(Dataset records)
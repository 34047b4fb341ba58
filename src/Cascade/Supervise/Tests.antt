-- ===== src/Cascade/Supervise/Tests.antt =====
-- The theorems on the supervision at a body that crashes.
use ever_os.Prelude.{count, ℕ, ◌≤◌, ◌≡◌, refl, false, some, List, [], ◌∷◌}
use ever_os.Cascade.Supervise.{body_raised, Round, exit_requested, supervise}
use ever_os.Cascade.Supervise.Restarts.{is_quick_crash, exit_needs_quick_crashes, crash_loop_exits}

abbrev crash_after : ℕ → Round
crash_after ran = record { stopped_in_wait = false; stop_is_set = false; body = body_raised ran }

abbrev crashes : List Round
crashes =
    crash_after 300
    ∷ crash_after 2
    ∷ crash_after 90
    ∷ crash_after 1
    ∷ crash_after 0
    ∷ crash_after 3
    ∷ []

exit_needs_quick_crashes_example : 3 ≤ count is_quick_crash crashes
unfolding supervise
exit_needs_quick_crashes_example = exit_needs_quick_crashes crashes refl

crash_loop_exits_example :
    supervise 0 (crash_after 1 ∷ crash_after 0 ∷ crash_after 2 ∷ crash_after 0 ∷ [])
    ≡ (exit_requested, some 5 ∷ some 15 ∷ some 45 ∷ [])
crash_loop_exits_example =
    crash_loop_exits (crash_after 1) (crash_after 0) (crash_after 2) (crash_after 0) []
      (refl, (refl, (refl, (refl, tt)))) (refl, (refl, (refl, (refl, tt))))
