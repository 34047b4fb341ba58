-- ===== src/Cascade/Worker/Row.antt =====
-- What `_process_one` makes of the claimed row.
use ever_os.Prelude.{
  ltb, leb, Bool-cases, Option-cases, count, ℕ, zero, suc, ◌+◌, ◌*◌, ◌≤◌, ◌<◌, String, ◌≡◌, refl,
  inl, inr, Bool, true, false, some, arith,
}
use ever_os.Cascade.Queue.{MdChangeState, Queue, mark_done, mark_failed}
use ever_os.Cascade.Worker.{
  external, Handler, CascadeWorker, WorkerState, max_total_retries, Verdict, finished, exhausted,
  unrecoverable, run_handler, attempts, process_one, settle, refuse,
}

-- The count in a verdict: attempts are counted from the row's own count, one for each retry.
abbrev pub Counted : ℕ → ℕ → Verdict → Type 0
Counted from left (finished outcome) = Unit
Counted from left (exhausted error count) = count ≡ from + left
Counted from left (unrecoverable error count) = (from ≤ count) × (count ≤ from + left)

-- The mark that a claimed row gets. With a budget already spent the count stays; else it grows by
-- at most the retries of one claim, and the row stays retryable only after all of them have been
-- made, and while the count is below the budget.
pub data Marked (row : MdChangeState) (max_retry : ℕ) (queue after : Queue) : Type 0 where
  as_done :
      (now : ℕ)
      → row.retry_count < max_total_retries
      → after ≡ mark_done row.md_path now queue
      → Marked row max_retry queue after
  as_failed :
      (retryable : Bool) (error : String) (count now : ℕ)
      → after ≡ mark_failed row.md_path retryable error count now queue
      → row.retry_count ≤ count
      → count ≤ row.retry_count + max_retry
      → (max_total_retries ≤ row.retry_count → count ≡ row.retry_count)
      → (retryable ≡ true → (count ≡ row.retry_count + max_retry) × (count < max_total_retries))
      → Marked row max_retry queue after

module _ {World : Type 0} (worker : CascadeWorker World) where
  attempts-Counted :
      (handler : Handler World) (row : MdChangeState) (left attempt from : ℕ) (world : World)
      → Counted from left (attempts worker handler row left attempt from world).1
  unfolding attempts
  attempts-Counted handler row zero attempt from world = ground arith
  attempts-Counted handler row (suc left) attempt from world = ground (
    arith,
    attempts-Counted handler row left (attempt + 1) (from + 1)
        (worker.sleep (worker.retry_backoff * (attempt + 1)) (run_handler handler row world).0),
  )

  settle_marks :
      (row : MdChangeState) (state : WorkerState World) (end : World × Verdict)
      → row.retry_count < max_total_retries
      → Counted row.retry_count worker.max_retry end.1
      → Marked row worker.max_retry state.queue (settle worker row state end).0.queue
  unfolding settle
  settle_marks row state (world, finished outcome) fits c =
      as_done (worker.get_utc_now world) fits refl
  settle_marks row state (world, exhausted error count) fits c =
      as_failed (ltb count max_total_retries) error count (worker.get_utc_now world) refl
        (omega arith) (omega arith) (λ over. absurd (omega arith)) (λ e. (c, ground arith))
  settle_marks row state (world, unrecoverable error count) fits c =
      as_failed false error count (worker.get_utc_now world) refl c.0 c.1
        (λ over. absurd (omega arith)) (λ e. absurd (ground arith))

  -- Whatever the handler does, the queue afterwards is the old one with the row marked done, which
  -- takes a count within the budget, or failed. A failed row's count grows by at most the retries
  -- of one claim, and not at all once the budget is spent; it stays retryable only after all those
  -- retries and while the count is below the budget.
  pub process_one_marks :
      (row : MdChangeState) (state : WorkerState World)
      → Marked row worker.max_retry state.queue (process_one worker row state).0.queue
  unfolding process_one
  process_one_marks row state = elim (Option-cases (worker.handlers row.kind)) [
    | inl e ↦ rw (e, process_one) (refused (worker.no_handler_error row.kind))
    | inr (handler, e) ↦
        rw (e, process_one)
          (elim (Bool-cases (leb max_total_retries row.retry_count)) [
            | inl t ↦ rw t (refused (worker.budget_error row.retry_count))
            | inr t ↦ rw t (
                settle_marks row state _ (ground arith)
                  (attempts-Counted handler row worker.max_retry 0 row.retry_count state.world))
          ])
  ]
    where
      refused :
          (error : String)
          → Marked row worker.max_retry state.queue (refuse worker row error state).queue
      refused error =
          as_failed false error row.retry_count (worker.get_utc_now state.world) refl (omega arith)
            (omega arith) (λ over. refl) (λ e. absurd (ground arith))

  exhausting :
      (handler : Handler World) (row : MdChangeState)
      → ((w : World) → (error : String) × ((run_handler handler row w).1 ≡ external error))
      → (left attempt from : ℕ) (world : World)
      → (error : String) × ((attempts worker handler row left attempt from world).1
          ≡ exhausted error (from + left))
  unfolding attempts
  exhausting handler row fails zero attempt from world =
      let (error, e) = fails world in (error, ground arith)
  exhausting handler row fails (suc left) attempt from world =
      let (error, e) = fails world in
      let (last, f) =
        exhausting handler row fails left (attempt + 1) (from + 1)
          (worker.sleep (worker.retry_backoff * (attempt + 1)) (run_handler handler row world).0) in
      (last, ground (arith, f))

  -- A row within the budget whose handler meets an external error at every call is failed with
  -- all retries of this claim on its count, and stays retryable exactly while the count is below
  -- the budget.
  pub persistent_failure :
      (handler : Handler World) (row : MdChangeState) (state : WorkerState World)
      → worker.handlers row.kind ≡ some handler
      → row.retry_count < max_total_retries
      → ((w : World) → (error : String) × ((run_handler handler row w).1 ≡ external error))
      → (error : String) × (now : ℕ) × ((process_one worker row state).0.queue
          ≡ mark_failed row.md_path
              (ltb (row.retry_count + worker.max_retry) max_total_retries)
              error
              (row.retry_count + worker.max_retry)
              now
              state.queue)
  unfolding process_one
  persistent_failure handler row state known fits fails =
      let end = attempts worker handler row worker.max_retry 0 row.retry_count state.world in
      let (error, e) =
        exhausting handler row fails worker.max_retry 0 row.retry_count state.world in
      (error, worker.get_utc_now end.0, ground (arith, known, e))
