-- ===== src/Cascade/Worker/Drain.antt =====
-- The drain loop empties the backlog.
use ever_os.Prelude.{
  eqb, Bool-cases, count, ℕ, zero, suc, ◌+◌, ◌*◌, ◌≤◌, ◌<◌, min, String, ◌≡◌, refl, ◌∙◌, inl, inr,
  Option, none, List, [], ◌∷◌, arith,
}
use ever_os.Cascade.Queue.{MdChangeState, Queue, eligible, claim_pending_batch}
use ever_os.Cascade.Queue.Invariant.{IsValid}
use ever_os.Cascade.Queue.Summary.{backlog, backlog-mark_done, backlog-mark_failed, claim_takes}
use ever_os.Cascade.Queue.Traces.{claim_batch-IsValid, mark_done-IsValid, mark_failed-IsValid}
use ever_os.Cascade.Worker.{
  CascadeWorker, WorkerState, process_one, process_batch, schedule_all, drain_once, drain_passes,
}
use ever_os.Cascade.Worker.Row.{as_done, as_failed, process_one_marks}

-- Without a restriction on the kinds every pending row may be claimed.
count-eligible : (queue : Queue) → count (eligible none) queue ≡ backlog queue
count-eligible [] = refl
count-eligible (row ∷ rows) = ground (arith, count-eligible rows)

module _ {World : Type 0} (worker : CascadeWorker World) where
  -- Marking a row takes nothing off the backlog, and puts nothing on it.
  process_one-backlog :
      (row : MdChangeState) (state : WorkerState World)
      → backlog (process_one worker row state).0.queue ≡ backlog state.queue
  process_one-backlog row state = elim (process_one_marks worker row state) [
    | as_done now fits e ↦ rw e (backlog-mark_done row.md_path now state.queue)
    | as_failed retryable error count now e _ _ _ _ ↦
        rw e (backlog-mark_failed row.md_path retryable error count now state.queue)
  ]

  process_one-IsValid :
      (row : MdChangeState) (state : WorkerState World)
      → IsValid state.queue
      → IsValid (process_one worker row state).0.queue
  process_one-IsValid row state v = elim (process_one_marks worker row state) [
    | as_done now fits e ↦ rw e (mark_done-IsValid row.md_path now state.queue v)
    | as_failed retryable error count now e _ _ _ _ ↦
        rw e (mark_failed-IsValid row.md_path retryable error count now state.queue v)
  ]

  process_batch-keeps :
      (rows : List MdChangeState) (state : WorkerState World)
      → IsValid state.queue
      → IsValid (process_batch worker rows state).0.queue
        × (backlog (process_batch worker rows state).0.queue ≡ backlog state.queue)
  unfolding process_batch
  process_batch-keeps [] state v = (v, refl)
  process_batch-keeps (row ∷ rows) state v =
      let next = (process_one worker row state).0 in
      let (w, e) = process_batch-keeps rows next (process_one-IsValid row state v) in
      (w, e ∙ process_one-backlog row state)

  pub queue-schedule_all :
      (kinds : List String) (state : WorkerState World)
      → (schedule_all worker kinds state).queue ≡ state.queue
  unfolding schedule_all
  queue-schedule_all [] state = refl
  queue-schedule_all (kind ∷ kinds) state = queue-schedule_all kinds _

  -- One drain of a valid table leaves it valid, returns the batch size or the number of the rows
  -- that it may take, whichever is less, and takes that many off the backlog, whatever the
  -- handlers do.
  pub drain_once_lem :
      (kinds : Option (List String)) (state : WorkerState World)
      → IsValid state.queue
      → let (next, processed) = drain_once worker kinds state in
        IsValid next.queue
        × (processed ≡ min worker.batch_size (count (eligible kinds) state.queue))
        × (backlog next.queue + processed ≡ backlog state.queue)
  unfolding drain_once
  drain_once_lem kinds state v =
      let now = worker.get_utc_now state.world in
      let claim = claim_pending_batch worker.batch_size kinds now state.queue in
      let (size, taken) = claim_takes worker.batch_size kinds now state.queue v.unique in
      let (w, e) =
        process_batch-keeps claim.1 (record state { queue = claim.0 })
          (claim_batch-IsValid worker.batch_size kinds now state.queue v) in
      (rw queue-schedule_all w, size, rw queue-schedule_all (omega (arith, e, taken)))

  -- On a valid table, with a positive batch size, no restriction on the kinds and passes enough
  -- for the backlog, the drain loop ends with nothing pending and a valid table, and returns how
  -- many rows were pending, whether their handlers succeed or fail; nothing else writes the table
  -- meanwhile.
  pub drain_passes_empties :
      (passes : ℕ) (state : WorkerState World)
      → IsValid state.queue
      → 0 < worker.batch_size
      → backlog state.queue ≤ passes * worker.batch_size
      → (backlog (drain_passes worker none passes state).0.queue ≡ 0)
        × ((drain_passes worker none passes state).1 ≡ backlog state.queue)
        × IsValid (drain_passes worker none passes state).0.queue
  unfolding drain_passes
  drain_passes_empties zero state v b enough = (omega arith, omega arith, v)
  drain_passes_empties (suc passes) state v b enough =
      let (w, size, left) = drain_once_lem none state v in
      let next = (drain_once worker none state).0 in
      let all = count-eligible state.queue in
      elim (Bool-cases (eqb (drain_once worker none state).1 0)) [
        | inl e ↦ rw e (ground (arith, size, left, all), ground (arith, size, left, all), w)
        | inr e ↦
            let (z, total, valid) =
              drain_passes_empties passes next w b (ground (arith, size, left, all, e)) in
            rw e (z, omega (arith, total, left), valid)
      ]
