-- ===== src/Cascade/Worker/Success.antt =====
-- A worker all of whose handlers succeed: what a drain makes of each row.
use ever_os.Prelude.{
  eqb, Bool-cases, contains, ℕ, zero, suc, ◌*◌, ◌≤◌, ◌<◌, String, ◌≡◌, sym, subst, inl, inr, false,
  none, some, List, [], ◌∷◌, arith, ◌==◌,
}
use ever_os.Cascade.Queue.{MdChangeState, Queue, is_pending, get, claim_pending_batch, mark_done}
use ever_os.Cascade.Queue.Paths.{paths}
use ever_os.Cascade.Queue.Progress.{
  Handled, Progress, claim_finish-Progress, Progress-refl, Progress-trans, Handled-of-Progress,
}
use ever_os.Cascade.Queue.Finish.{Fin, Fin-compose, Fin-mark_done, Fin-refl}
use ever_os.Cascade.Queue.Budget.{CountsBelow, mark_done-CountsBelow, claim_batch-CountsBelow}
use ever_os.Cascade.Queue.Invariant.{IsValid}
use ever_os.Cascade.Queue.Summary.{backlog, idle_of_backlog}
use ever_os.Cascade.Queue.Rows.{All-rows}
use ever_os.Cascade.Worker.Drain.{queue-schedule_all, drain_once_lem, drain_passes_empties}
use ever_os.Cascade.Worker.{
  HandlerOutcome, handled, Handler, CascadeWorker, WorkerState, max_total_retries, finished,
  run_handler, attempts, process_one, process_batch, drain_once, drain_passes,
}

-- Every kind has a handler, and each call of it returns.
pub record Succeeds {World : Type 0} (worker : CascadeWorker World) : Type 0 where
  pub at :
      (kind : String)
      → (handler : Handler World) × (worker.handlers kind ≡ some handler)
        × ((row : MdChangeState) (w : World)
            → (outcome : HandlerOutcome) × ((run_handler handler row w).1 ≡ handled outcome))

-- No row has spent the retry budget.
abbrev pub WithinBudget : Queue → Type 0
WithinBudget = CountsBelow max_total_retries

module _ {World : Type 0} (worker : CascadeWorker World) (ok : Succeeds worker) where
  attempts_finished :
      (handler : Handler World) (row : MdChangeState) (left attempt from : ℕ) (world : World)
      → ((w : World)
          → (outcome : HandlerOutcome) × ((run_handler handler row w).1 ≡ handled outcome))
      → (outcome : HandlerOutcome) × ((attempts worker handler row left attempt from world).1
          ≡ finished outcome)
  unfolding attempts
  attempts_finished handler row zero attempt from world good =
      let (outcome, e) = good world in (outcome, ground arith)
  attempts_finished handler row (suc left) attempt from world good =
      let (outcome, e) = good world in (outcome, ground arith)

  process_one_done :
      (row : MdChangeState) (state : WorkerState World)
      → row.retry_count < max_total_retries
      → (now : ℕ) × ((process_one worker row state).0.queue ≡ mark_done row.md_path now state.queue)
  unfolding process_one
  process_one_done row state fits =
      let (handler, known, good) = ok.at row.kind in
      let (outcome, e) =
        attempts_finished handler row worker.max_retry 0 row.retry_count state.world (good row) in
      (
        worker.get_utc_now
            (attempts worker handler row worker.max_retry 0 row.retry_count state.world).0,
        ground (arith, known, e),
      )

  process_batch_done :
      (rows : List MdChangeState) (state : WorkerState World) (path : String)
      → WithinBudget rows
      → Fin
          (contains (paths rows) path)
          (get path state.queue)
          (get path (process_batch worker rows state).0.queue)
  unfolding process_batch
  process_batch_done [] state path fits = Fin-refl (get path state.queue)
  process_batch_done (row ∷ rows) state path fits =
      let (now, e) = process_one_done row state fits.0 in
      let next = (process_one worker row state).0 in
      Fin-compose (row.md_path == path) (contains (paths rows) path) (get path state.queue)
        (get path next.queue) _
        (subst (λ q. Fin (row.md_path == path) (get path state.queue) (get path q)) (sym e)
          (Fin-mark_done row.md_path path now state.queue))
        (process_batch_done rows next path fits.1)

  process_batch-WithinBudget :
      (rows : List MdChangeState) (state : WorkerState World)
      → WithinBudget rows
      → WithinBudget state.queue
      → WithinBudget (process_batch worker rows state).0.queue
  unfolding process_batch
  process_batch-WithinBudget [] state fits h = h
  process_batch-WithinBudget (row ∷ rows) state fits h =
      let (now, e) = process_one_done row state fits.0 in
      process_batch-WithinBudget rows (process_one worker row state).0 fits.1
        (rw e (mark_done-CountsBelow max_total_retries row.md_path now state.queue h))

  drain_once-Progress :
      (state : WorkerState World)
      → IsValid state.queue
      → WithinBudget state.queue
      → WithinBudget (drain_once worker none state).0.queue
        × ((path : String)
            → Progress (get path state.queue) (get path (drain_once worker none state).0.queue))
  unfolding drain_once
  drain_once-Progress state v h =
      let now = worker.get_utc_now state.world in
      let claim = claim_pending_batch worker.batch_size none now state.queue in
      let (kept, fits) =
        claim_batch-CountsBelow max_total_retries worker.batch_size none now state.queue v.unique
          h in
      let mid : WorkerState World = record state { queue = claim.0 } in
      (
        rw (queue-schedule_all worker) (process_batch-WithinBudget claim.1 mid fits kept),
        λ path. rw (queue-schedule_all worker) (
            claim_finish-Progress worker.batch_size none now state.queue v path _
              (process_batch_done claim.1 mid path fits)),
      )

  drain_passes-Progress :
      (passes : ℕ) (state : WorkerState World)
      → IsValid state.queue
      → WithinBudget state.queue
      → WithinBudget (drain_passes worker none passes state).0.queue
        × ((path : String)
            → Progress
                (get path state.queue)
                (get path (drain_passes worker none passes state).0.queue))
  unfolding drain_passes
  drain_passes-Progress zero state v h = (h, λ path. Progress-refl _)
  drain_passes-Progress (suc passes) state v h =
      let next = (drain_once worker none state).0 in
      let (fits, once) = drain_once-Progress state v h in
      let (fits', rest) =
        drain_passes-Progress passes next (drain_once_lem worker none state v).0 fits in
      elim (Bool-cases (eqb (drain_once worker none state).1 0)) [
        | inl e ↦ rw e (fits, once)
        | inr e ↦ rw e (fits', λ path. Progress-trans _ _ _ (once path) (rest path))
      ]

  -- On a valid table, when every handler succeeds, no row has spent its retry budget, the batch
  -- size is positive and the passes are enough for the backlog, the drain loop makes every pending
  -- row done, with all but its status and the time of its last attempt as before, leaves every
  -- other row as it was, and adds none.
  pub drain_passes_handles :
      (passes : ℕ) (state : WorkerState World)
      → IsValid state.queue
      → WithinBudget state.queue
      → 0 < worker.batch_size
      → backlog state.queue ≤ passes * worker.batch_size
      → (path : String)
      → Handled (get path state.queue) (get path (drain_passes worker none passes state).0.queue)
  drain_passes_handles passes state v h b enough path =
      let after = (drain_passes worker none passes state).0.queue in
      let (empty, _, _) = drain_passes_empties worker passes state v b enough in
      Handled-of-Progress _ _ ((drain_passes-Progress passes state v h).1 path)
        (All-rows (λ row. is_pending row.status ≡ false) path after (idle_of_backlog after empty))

**INSTRUCTIONS FOR THE TASK**
In the lines above, find the word "abbrev" and copy every line it occurs in.

**ANSWER TO THE EXERCISE**
abbrev crash_after : ℕ → Round
abbrev crashes : List Round
abbrev pub Counted : ℕ → ℕ → Verdict → Type 0
abbrev pub WithinBudget : Queue → Type 0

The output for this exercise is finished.